*Exercise directions*.
Search the data for the string "reading" and copy each line where it turns up.
[Start of Attachment]
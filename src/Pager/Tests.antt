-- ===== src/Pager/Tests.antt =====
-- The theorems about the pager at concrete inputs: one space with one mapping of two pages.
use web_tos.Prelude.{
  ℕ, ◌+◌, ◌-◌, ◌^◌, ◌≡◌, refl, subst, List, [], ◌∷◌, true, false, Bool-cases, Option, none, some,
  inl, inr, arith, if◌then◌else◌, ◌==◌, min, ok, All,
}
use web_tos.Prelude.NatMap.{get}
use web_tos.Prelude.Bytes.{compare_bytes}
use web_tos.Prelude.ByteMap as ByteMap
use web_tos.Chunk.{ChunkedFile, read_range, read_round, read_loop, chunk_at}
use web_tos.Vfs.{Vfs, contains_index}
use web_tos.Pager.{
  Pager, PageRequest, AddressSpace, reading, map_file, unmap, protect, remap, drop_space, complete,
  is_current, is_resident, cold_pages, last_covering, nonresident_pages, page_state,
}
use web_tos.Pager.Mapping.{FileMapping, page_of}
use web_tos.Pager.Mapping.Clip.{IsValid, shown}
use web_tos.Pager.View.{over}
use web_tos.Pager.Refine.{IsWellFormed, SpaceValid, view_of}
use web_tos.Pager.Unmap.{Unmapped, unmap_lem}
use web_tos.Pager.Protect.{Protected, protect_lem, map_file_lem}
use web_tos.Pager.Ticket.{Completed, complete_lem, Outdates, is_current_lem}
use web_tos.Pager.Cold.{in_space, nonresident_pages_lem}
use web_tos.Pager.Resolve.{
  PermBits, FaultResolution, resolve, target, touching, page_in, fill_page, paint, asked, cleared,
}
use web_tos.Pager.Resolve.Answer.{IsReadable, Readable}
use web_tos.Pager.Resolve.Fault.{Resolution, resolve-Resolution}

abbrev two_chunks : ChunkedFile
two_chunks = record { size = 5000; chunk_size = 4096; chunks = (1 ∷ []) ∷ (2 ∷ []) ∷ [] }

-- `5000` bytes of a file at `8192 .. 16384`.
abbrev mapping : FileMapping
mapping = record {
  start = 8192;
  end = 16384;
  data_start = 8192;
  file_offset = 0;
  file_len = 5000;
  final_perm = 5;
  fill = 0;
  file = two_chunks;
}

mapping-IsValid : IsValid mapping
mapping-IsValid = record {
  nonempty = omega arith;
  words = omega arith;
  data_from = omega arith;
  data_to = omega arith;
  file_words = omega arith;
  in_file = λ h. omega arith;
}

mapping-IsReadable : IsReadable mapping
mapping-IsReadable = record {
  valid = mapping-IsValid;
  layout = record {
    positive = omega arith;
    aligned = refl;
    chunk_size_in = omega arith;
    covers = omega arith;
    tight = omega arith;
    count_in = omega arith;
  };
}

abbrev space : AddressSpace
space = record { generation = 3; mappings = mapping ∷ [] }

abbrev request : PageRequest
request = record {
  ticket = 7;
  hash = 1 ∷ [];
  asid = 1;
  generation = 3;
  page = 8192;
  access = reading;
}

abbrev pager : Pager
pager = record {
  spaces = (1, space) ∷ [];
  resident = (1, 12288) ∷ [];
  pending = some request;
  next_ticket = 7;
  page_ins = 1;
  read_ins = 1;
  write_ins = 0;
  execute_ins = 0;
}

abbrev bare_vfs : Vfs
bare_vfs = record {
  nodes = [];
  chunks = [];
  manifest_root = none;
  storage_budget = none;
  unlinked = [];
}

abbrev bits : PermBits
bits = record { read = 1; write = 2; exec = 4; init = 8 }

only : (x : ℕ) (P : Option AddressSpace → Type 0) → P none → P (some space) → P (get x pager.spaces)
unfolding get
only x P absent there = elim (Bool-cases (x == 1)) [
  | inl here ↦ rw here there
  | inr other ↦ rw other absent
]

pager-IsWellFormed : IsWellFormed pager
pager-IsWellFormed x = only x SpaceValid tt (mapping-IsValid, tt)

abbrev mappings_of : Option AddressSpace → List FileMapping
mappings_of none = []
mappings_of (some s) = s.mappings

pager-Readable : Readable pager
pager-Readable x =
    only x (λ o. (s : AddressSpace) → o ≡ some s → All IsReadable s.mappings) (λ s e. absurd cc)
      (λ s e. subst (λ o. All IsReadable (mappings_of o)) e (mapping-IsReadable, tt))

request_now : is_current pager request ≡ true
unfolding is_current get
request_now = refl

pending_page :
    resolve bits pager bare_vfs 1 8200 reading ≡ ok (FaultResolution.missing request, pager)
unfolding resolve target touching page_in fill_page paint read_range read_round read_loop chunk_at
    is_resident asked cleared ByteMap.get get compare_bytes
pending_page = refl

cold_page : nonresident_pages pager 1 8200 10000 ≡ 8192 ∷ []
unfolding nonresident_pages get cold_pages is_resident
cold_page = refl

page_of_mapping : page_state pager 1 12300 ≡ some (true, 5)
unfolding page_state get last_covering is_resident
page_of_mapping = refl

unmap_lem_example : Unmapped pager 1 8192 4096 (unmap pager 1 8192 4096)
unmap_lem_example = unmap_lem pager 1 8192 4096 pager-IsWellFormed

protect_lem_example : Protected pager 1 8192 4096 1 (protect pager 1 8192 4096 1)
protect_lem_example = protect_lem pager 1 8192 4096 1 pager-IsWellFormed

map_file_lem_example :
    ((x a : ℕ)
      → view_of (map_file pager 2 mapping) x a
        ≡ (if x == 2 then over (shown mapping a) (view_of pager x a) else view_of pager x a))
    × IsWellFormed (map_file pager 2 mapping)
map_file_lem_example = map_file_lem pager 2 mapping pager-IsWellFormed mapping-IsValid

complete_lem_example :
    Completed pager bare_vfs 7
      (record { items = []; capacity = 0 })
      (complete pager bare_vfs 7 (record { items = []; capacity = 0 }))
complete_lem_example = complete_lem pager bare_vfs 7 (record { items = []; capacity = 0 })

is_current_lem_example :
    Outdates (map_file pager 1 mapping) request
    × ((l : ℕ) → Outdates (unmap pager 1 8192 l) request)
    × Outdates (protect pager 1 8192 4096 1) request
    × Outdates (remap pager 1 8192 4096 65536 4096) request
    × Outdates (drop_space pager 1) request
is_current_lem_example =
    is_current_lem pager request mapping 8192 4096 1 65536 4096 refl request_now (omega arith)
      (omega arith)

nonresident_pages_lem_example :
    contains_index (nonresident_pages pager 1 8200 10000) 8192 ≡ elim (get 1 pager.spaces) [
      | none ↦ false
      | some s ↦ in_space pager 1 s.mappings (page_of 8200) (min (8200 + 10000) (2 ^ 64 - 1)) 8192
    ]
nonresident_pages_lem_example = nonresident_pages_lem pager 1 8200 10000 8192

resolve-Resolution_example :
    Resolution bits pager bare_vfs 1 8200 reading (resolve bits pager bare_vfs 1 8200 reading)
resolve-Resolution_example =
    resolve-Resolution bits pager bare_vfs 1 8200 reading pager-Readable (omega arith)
[End of Attachment]
*Solution for this problem*.
  Pager, PageRequest, AddressSpace, reading, map_file, unmap, protect, remap, drop_space, complete,
  access = reading;
    resolve bits pager bare_vfs 1 8200 reading ≡ ok (FaultResolution.missing request, pager)
    Resolution bits pager bare_vfs 1 8200 reading (resolve bits pager bare_vfs 1 8200 reading)
    resolve-Resolution bits pager bare_vfs 1 8200 reading pager-Readable (omega arith)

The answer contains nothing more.